# Exercise aim
Nothing other than the lines from the one containing "pub offset : ℤ" through the close of the entries below should be printed, each exactly.
<<<<
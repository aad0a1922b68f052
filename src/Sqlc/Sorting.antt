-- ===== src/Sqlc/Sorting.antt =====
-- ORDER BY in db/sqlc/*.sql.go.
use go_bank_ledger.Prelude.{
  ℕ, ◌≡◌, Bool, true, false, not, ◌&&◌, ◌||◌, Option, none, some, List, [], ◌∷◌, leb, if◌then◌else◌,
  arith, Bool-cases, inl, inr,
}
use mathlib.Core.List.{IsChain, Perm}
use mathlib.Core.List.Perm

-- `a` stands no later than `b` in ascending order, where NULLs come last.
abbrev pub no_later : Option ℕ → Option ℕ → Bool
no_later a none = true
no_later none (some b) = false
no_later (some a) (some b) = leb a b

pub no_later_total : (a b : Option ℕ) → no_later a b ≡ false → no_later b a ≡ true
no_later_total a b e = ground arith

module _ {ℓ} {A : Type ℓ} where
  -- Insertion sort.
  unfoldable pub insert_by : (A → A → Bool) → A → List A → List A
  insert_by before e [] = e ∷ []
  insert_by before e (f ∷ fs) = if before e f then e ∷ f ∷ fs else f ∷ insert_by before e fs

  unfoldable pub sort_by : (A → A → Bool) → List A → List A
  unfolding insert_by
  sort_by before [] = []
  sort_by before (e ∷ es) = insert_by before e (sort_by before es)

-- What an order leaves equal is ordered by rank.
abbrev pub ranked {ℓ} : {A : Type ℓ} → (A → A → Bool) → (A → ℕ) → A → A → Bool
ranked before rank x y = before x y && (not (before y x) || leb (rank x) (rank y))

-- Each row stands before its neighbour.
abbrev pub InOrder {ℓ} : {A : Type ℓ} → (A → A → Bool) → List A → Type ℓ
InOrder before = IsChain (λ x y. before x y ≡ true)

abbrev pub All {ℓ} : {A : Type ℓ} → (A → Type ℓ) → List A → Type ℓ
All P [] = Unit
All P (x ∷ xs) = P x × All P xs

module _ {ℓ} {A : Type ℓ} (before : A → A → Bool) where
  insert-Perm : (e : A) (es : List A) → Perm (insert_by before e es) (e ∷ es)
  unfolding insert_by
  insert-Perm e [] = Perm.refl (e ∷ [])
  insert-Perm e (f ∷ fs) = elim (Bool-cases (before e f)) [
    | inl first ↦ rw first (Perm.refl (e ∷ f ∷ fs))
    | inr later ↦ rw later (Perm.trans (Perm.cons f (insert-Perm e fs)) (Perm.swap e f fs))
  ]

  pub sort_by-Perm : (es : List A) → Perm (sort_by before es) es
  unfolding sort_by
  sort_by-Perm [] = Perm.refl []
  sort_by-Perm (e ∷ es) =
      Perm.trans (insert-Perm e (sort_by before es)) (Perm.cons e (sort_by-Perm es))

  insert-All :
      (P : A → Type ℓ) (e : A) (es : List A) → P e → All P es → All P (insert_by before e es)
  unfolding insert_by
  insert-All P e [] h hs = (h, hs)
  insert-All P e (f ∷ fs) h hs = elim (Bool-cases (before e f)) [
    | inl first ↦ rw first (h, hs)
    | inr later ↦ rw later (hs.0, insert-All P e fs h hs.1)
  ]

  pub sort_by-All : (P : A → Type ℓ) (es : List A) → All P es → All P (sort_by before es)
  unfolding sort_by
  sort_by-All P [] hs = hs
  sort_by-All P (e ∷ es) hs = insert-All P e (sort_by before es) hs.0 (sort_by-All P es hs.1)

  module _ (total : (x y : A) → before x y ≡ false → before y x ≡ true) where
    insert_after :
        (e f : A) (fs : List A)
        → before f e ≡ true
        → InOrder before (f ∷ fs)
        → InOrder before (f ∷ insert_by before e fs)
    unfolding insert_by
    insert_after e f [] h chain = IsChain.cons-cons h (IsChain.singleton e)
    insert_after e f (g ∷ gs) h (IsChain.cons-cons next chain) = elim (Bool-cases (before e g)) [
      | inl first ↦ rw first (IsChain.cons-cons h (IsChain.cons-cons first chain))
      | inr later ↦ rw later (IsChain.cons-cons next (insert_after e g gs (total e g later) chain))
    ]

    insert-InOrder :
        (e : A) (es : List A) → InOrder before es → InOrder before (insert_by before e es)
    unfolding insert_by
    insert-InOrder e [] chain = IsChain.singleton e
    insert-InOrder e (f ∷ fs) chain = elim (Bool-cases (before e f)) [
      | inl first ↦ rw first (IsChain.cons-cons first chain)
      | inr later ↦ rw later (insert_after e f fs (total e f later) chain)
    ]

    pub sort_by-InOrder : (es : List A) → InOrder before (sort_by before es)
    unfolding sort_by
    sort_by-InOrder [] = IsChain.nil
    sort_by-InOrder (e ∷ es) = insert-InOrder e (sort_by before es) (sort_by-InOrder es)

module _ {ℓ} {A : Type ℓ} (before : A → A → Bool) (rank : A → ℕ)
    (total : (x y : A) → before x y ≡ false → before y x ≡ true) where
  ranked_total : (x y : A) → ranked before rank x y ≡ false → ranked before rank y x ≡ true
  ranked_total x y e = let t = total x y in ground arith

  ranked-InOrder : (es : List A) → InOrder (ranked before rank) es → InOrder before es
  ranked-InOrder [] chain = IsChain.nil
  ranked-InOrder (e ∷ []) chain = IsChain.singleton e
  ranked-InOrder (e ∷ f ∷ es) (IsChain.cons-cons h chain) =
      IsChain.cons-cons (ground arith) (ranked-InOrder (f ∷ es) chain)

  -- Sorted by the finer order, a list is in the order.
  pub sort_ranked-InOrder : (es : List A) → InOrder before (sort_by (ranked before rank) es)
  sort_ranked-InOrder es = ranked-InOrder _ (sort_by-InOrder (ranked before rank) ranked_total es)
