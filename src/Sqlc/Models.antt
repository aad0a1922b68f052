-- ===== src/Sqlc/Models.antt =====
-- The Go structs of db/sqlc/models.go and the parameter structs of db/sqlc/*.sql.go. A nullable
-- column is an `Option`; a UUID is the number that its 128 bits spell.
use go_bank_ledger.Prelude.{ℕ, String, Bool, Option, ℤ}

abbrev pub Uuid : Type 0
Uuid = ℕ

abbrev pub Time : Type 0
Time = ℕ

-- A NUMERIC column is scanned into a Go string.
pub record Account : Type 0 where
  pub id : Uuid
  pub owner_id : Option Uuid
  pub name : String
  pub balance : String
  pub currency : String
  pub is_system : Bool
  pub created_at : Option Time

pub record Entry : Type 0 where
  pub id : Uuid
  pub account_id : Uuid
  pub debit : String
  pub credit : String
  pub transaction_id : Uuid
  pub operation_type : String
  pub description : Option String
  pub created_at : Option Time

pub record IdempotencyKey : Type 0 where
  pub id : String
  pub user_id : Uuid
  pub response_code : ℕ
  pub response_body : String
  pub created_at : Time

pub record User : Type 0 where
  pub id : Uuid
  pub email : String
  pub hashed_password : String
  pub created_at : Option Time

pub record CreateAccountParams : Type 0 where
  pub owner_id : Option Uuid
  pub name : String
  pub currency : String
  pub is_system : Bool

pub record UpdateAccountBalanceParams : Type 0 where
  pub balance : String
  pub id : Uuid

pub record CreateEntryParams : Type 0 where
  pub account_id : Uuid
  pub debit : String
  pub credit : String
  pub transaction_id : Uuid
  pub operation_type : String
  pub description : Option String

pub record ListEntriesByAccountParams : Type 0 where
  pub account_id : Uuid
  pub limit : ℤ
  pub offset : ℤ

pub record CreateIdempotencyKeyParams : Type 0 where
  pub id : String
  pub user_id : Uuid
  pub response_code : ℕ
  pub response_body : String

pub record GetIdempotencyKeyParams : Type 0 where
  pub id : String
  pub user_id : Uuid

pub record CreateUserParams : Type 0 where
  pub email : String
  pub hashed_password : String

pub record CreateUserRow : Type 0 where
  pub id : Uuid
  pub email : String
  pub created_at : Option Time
>>>>
# Answer to this problem
  pub offset : ℤ

pub record CreateIdempotencyKeyParams : Type 0 where
  pub id : String
  pub user_id : Uuid
  pub response_code : ℕ
  pub response_body : String

pub record GetIdempotencyKeyParams : Type 0 where
  pub id : String
  pub user_id : Uuid

pub record CreateUserParams : Type 0 where
  pub email : String
  pub hashed_password : String

pub record CreateUserRow : Type 0 where
  pub id : Uuid
  pub email : String
  pub created_at : Option Time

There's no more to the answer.